Transcript Annotation (StarBlast) Workflow

The “transcript annotation” (or “StarBlast”) workflow is another name for the de novo Transcriptome/RNA-Seq workflow. To specify this path, chose Transcriptome/RNA-Seq in the Choose Assembly Workflow screen, and De novo assembly in the Choose Assembly Type screen.

 

In the past, de novo assembly of RNA-Seq data could result in thousands of contigs representing the expressed transcripts, without any context or labels. For Lasergene 13.0 and later, SeqMan NGen automatically attempts to group contigs from the same gene, and then name and annotate them based on the best match to a collection of annotated reference sequences. Two different SeqMan NGen assembly engines are used to optimize your results. Note that results from this workflow are non-quantitative.

 

Result files for this workflow are described in detail in Transcript Annotation (StarBlast) Workflow Output.

 

The de novo assembly and annotation of the RNA-Seq data occurs in a series of steps performed automatically by SeqMan NGen. If you are interested in a “behind the scenes” look at the assembly process, the steps are described below:

 

1)  Perform read clustering with the XNG assembler. Any RNA-Seq data can be used, though the expected data for this workflow is Illumina data, preferably with reads ≥ 100 bases in length.

 

2)  Perform de novo assembly of each cluster with the SNG assembler.

 

3)  Compare contig consensus sequences to the specified set of reference sequences (the “database”).
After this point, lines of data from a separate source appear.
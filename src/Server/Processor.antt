-- ===== src/Server/Processor.antt =====
-- server/internal/ingest/processor/processor.go and models/models.go: the reports that the web
-- service stored are decoded, validated and uploaded to the database. Decoding and UUIDs are
-- parameters, and so is the database; metrics, logs and the sizes of the files are not modelled.
pub mod Legacy
pub mod Files
pub mod Walk
pub mod Counts
pub mod Kinds
pub mod Removal
pub mod Success
pub mod Unread
use ubuntu_insights.Base.{
  Bool, Bytes, List, Option, [], codes, ext, false, if◌then◌else◌, is_nil, none, not, same_bytes,
  some, suc, trim_suffix, true, ℕ, ◌&&◌, ◌+◌, ◌==◌, ◌||◌, ◌∷◌,
}
use ubuntu_insights.Base.Int.{negsuc, pos, ℤ}
use ubuntu_insights.Env.{or_plain}
use ubuntu_insights.Server.Config.{present}
use ubuntu_insights.Server.Handlers.{legacy_report_tag}
use ubuntu_insights.Server.Path.{split}
use ubuntu_insights.Server.Sanitize.{sanitize_invalid_unicode_escapes}
use ubuntu_insights.Server.Space.{is_blank_from}
use ubuntu_insights.System.Files.{read_file, remove}
use ubuntu_insights.System.World.{
  FilePath, Io, Result, Status, attempt, done, err, fails_with, is_ok, join, lift, no_valid_data,
  ok, plain, pure, unexpected_fields, upload_failed, ◌>>=◌, ◌>>◌,
}

-- A nil json.RawMessage or map is none.
pub record TargetSystemInfo : Type 0 where
  pub hardware : Option Bytes
  pub software : Option Bytes
  pub platform : Option Bytes
  pub extras : Option Bytes

pub record TargetModel : Type 0 where
  pub insights_version : Bytes
  pub collection_time : ℤ
  pub system_info : TargetSystemInfo
  pub source_metrics : Option Bytes
  pub opt_out : Bool
  pub extras : Option Bytes

pub record LegacyTargetModel : Type 0 where
  pub opt_out : Bool
  pub fields : Option Bytes

pub record Database : Type 0 where
  pub upload : Bytes → Bytes → TargetModel → Io (Unit {0})
  pub upload_legacy : Bytes → Bytes → Bytes → LegacyTargetModel → Io (Unit {0})
  pub upload_invalid : Bytes → Bytes → Bytes → Io (Unit {0})

-- json.Unmarshal into a map followed by mapstructure's Decode, for the two models; the number of
-- keys of a JSON object; and uuid.Validate and uuid.NewString, on a random number.
pub record Decoders : Type 0 where
  pub target : Bytes → Option TargetModel
  pub legacy : Bytes → Option LegacyTargetModel
  pub object_size : Bytes → Option ℕ
  pub is_uuid : Bytes → Bool
  pub new_uuid : ℕ → Bytes

abbrev is_zero : ℤ → Bool
is_zero (pos n) = n == 0
is_zero (negsuc n) = false

-- reflect.DeepEqual of a system info and the empty one
abbrev is_empty_info : TargetSystemInfo → Bool
is_empty_info i =
    not (present i.hardware || present i.software || present i.platform || present i.extras)

abbrev pub has_no_data : TargetModel → Bool
has_no_data d =
    is_nil d.insights_version
    && is_zero d.collection_time
    && is_empty_info d.system_info
    && not (present d.source_metrics)

-- validateReport
unfoldable pub validate_report : TargetModel → Status
validate_report d =
    if d.opt_out
    then done
    else if has_no_data d
    then err (no_valid_data ∷ [])
    else if present d.extras
    then err (unexpected_fields ∷ [])
    else if present d.system_info.extras
    then err (unexpected_fields ∷ [])
    else done

-- validateLegacyReport
unfoldable pub validate_legacy_report : LegacyTargetModel → Status
validate_legacy_report d =
    if d.opt_out then done else if present d.fields then done else err (no_valid_data ∷ [])

abbrev pub after_upload : Status → Status → Status
after_upload (ok _) validation = validation
after_upload (err e) validation = join (join (err (upload_failed ∷ [])) (err e)) validation

unfoldable pub upload_validated : Status → Io (Unit {0}) → Io (Unit {0})
upload_validated validation send_report =
    if is_ok validation || fails_with validation unexpected_fields
    then (do r ← attempt send_report; lift (after_upload r validation))
    else lift validation

module _ {T : Type 0} where
  -- decodeFile
  unfoldable pub decode_file : (Bytes → Option T) → FilePath → Io T
  decode_file decode path = do
    data' ← read_file path
    lift (or_plain (decode (sanitize_invalid_unicode_escapes data')))

  -- processAndUpload
  unfoldable pub process_and_upload :
      (Bytes → Option T) → (T → Status) → (T → Io (Unit {0})) → FilePath → Io (Unit {0})
  process_and_upload decode validate send_report path = do
    report ← decode_file decode path
    upload_validated (validate report) (send_report report)

-- isLegacy: the first element of the name is the tag
abbrev first_element : List Bytes → Bytes
first_element [] = []
first_element (e ∷ es) = e

unfoldable pub is_legacy : Bytes → Bool
is_legacy app = same_bytes (first_element (split app)) legacy_report_tag

-- parseLegacyApp: the expression matches four elements, two of them free but not empty
abbrev pub parsed_elements : List Bytes → Bytes × Bytes
parsed_elements (tag ∷ distribution ∷ desktop ∷ version ∷ []) =
    if same_bytes tag legacy_report_tag
      && same_bytes desktop (codes "desktop")
      && not (is_nil distribution)
      && not (is_nil version)
    then (distribution, version)
    else ([], [])
parsed_elements _ = ([], [])

unfoldable pub parse_legacy_app : Bytes → Bytes × Bytes
parse_legacy_app app = parsed_elements (split app)

-- errors.Is of the error of processAndUpload, which is false on nil
unfoldable pub has_failed_upload : Status → Bool
has_failed_upload r = fails_with r upload_failed

unfoldable pub was_attempted : Status → Bool
was_attempted r = is_ok r || fails_with r unexpected_fields || fails_with r upload_failed

abbrev pub one_if : Bool → ℕ
one_if b = if b then 1 else 0

-- filepath.Base
abbrev base_name : FilePath → Bytes
base_name [] = codes "/"
base_name (n ∷ p) = n

-- What uploadInvalid skips: nothing but space, or an empty JSON object
abbrev is_empty_object : Option ℕ → Bool
is_empty_object none = false
is_empty_object (some n) = n == 0

abbrev refused : Status → Status
refused (ok _) = done
refused (err e) = join (err (upload_failed ∷ [])) (err e)

module _ (decoders : Decoders) where
  unfoldable pub is_skipped : Bytes → Bool
  is_skipped b = is_blank_from 0 b || is_empty_object (decoders.object_size b)

  -- getReportID
  abbrev pub report_id_of : Bytes → Io Bytes
  report_id_of id w =
      if decoders.is_uuid id
      then (ok id, w)
      else (ok (decoders.new_uuid (w.random w.draws)), record w { draws = suc w.draws })

  unfoldable pub get_report_id : FilePath → Io Bytes
  get_report_id path = let name = base_name path in report_id_of (trim_suffix name (ext name))

module _ (decoders : Decoders) (db : Database) where
  unfoldable pub send_invalid : Bytes → Bytes → Result Bytes → Io (Bool × Status)
  send_invalid id app (err e) = pure (false, err plain)
  send_invalid id app (ok b) =
      if is_skipped decoders (sanitize_invalid_unicode_escapes b) then pure (false, done) else (do
        r ← attempt (db.upload_invalid id app (sanitize_invalid_unicode_escapes b))
        pure (true, refused r))

  -- uploadInvalid: whether an upload was attempted, and the error
  unfoldable pub upload_invalid : FilePath → Bytes → Bytes → Io (Bool × Status)
  upload_invalid path id app = do r ← attempt (read_file path); send_invalid id app r

  -- The two kinds of reports of processFile
  unfoldable pub process_kind : FilePath → Bytes → Bytes → Bool → Io (Unit {0})
  process_kind path id app legacy_app' =
      if legacy_app'
      then (let (distribution, version) = parse_legacy_app app in
          process_and_upload decoders.legacy validate_legacy_report
            (db.upload_legacy id distribution version) path)
      else process_and_upload decoders.target validate_report (db.upload id app) path

  -- The upload as an invalid report, and its counts
  unfoldable pub handle_invalid : FilePath → Bytes → Bytes → Status → Io (ℕ × ℕ)
  handle_invalid path id app (ok _) = pure (0, 0)
  handle_invalid path id app (err e) = do
    (tried, r) ← upload_invalid path id app
    pure (one_if tried, one_if (tried && not (is_ok r)))

  unfoldable pub finish_file : FilePath → Bytes → Bytes → Status → Io (ℕ × ℕ)
  finish_file path id app r =
      if has_failed_upload r then pure (one_if (was_attempted r), 1) else (do
        (attempts, failures) ← handle_invalid path id app r
        _ ← attempt (remove path)
        pure (one_if (was_attempted r) + attempts, failures))

  -- processFile: the numbers of attempts and of failures
  unfoldable pub process_file : FilePath → Bytes → Bool → Io (ℕ × ℕ)
  process_file path app legacy_app' = do
    id ← get_report_id decoders path
    r ← attempt (process_kind path id app legacy_app')
    finish_file path id app r
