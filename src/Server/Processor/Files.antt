-- ===== src/Server/Processor/Files.antt =====
-- getJSONFiles and Process of server/internal/ingest/processor/processor.go.
use ubuntu_insights.Base.{
  Bool, Bytes, List, [], codes, ext, if◌then◌else◌, length, ltb, max, same_bytes, suc, zero, ℕ,
  ◌&&◌, ◌*◌, ◌++◌, ◌+◌, ◌∷◌,
}
use ubuntu_insights.Server.Path.{join_path}
use ubuntu_insights.Server.Processor.{Database, Decoders, is_legacy, process_file}
use ubuntu_insights.System.Files.{mkdir_all, read_dir, stat}
use ubuntu_insights.System.World.{
  FilePath, Io, Node, Status, Tree, World, canceled, database_errors, dir, done, err, file, hiding,
  join, lift, ok, plain, pure, raise, ◌>>=◌, ◌>>◌,
}

-- The length of the longest path in a tree.
unfoldable pub deepest : Tree → ℕ
deepest [] = 0
deepest ((p, node) ∷ t) = max (length p) (deepest t)

-- filepath.WalkDir below `d`, on the entries `l` of `d`, for the regular files with the extension of
-- a report; directories are entered up to the given depth.
unfoldable pub walk_json : ℕ → FilePath → List (Bytes × Node) → Io (List FilePath)
walk_json depth d [] = pure []
walk_json depth d ((n, file b) ∷ l) = do
  rest ← walk_json depth d l
  pure (if same_bytes (ext n) (codes ".json") then (n ∷ d) ∷ rest else rest)
walk_json zero d ((n, dir) ∷ l) = raise plain
walk_json (suc depth) d ((n, dir) ∷ l) = do
  entries ← read_dir (n ∷ d)
  inner ← walk_json depth (n ∷ d) entries
  rest ← walk_json (suc depth) d l
  pure (inner ++ rest)

-- getJSONFiles, of a directory that was just made; no path is longer than the deepest one.
unfoldable pub get_json_files : FilePath → Io (List FilePath)
get_json_files d =
    λ w. (do _ ← stat d; entries ← read_dir d; walk_json (deepest w.tree) d entries) w

-- More than 15 % of the attempts failed: failures / attempts > 1 - 0.85.
unfoldable pub over_threshold : ℕ → ℕ → Bool
over_threshold attempts failures = ltb 0 attempts && ltb (15 * attempts) (100 * failures)

module _ (decoders : Decoders) (db : Database) (ctx_done : World → Bool) where
  -- The loop over the files: the counts, and the error of a context that is done
  unfoldable pub process_files : List FilePath → Bytes → ℕ → ℕ → Io ((ℕ × ℕ) × Status)
  process_files [] app attempts failures = pure ((attempts, failures), done)
  process_files (path ∷ rest) app attempts failures = λ w.
      if ctx_done w
      then (ok ((attempts, failures), err (canceled ∷ [])), w)
      else (do
        (a, f) ← process_file decoders db path app (is_legacy app)
        process_files rest app (attempts + a) (failures + f))
          w

  -- The deferred function
  abbrev pub judge : (ℕ × ℕ) × Status → Status
  judge ((attempts, failures), r) =
      if over_threshold attempts failures then join (err (database_errors ∷ [])) r else r

  -- Process
  unfoldable pub process : FilePath → Bytes → Io (Unit {0})
  process reports_dir app = do
    hiding (mkdir_all (join_path reports_dir app))
    files ← hiding (get_json_files (join_path reports_dir app))
    result ← process_files files app 0 0
    lift (judge result)
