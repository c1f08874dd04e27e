-- ===== src/Engine/Tests.antt =====
-- Runs of the fallback controller on concrete inputs.
use bypath.Base.{ℕ, select, string_eq, true, [], ◌∷◌, if◌then◌else◌, ◌==◌, ok, err, ◌≡◌, refl}
use bypath.Profile.{zero_link}
use bypath.Config.{FallbackConfig}
use bypath.Engine.Fallback.{Launch, engine_order, start_with_fallback}
use bypath.Engine.Fallback.Falls.{Ends, start_with_fallback-Ends}

-- xray alone is installed
abbrev only_xray : ℕ → Launch
only_xray i = record {
  get = λ name.
      if name == "xray" then ok (record { name = "xray"; path = "/bin/xray" }) else err "missing";
  generate = λ eng link. ok "xray-config.json";
  start = λ path args. ok path;
  port_opens = λ proc. true;
}

abbrev with_fallback : FallbackConfig
with_fallback = record { enabled = true; timeout = "10s"; order = [] }

order_run : engine_order with_fallback "xray" ≡ "xray" ∷ "sing-box" ∷ []
unfolding engine_order select
order_run = refl

start_with_fallback-Ends_example :
    Ends only_xray zero_link true 0 []
      (engine_order with_fallback "")
      (start_with_fallback with_fallback only_xray zero_link "")
start_with_fallback-Ends_example = start_with_fallback-Ends only_xray zero_link with_fallback ""
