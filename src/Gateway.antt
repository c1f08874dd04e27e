-- ===== src/Gateway.antt =====
-- internal/gateway/gateway.go: the gateway, by the parts of the system that it changes.
pub mod Hosts
pub mod Resolv
pub mod Children
pub mod Reload
pub mod Query
pub mod Socks5
pub mod Connectivity
pub mod Engines
pub mod Life
pub mod Routing
pub mod Polls
pub mod Samples
mod Tests
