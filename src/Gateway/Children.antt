-- ===== src/Gateway/Children.antt =====
-- `trackChildPID` and `killTrackedChildren` of internal/gateway/gateway.go: the file of the processes
-- that the gateway has started. A file that is not there is none.
mod Killed
use Prim.Native.Char.{code}
use Prim.Native.String.{[], ◌∷◌}
use mathlib.Core.List.{[], ◌∷◌}
use bypath.Base.{
  ℕ, ◌+◌, ◌*◌, ◌-◌, ◌^◌, String, string_eq, nat_eq, Bool, true, false, ◌||◌, ◌==◌, if◌then◌else◌,
  List, Option, none, some, ltb, leb, ◌<>◌, split, trim_space, trim_prefix, format_nat, is_digit,
}

abbrev or_empty : Option String → String
or_empty none = ""
or_empty (some content) = content

-- `trackChildPID`, where the file can be opened
unfoldable pub track_child_pid : ℕ → Option String → Option String
track_child_pid pid file = some (or_empty file <> (format_nat pid <> "\n"))

-- the digits in front of a text, behind the value `n`
unfoldable pub leading_value : ℕ → String → ℕ
unfolding is_digit
leading_value n [] = n
leading_value n (c ∷ s) =
    let more = leading_value (n * 10 + (code c - b'0')) s in if is_digit (code c) then more else n

-- `fmt.Sscanf(line, "%d", &pid)` on a text with no space in front; a negative number, and one that an
-- `int` cannot hold, is 0, since the caller skips it
unfoldable pub scan_pid : String → ℕ
scan_pid line =
    let pid = leading_value 0 (trim_prefix line "+") in if ltb pid (2 ^ 63) then pid else 0

-- the body of the loop of `killTrackedChildren`, before the processes that the rest kills
unfoldable pub killed_by : String → List ℕ → List ℕ
killed_by line rest =
    let trimmed = trim_space line in
    let pid = scan_pid trimmed in
    if trimmed == "" then rest else if leb pid 1 then rest else pid ∷ rest

unfoldable pub killed_in : List String → List ℕ
killed_in [] = []
killed_in (line ∷ lines) = killed_by line (killed_in lines)

-- `killTrackedChildren`: the processes that it kills, in order, and the file that it leaves
unfoldable pub kill_tracked_children : Option String → List ℕ × Option String
kill_tracked_children none = ([], none)
kill_tracked_children (some text) = (killed_in (split b'\n' (trim_space text)), none)
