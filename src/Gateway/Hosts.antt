-- ===== src/Gateway/Hosts.antt =====
-- `pinHostToEtcHosts` and `unpinHostsFromEtcHosts` of internal/gateway/gateway.go: the lines that the
-- gateway writes to /etc/hosts. A file that cannot be read is none.
pub mod Lines
pub mod Pinned
use Prim.Native.Char.{Char}
use Prim.Native.String.{char_at}
use bypath.Base.{
  String, string_eq, Bool, true, false, not, ◌&&◌, ◌||◌, ◌==◌, if◌then◌else◌, List, [], ◌∷◌, Option,
  none, some, select, join, split, contains_text, ends_in, ◌<>◌,
}

-- What `net.ParseIP` says of a text that is an address.
pub record Ip : Type 0 where
  pub is_loopback : Bool
  pub is_private : Bool

-- The parts of package `net`: `net.ParseIP`, and what a name server answers for a name (none for an
-- error).
pub record Net : Type 0 where
  pub parse_ip : String → Option Ip
  pub lookup_host : String → String → Option (List String)

abbrev pub newline : Char
newline = char_at "\n" 0

abbrev pub marker : String
marker = "# bypath-pin"

-- the upstream servers, or the defaults
abbrev pub or_public : List String → List String
or_public [] = "1.1.1.1" ∷ "8.8.8.8" ∷ []
or_public (ns ∷ rest) = ns ∷ rest

-- an address that stands for a blocked name
unfoldable pub is_intercepted : Net → String → Bool
is_intercepted net candidate = elim (net.parse_ip candidate) [
  | none ↦ false
  | some ip ↦ ip.is_loopback || ip.is_private
]

-- the body of the loop over the name servers, with the address that the rest of the loop finds
unfoldable pub answer_of : Net → Option (List String) → String → String
answer_of net (some (candidate ∷ _)) rest = if is_intercepted net candidate then rest else candidate
answer_of net _ rest = rest

-- the loop over the name servers; "" if there is no address
unfoldable pub first_address : Net → String → List String → String
first_address net hostname [] = ""
first_address net hostname (ns ∷ servers) =
    answer_of net (net.lookup_host ns hostname) (first_address net hostname servers)

-- a line that an earlier pin of the host left
abbrev pub is_pin_of : String → String → Bool
is_pin_of hostname line = contains_text line marker && contains_text line hostname

-- the line of a pin, without its newline
abbrev pub pin_line : String → String → String
pin_line ip hostname = ip <> (" " <> (hostname <> (" " <> marker)))

-- the new content of /etc/hosts
unfoldable pub pinned : String → String → String → String
pinned ip hostname current =
    let content =
      join newline (select (λ line. not (is_pin_of hostname line)) (split b'\n' current)) in
    let closed = if not (ends_in b'\n' content) then content <> "\n" else content in
    closed <> (pin_line ip hostname <> "\n")

abbrev pub or_empty : Option String → String
or_empty none = ""
or_empty (some content) = content

-- `pinHostToEtcHosts`: the file that it leaves, and the address
unfoldable pub pin_host_to_etc_hosts :
    Net → List String → Bool → String → Option String → Option String × String
pin_host_to_etc_hosts net dns_upstream writes hostname hosts =
    let ip = first_address net hostname (or_public dns_upstream) in
    elim (net.parse_ip hostname) [
      | some _ ↦ (hosts, "")
      | none ↦
          if ip == ""
          then (hosts, "")
          else if writes
          then (some (pinned ip hostname (or_empty hosts)), ip)
          else (hosts, "")
    ]

-- the content without any pin
unfoldable pub unpinned : String → String
unpinned current =
    join newline (select (λ line. not (contains_text line marker)) (split b'\n' current))

-- `unpinHostsFromEtcHosts`
unfoldable pub unpin_hosts_from_etc_hosts : Bool → Option String → Option String
unpin_hosts_from_etc_hosts writes none = none
unpin_hosts_from_etc_hosts writes (some current) =
    if writes then some (unpinned current) else some current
Licensed users can use the SeqMan NGen wizard to access DNASTAR’s database of transcript annotations extracted from data on NCBI’s RefSeq website. In addition to the complete collection, subsets of the data are available:

 

Archea

Bacteria

Fungi

Invertebrate

Mitochondrion

Plant

Plasmid

Plastid

Protozoa

Vertebrate_mammalian

Vertebrate_other

Viral

 

Alternatively, you may create a custom database for use in this step, as described in Creating a Custom Transcription Annotation Database.

 

4)  Identify and merge contigs belonging to the same gene.

 

5)  Perform a second de novo assembly for the grouped contig sequences using the SNG assembler. The goal is to produce the most complete assembly possible for each transcript in the data set.

 

6)  Compare the updated contig sequences to the same database as in Step 3. The best matching database entry for each contig is used to label that contig at the gene level and provide summary statistics on the match.

 

See Using Transcript Annotation (StarBlast) Workflow Output as the Template to learn how to use the output of a de novo transcriptome/RNA-Seq assembly as input for the templated transcriptome/RNA-Seq workflow.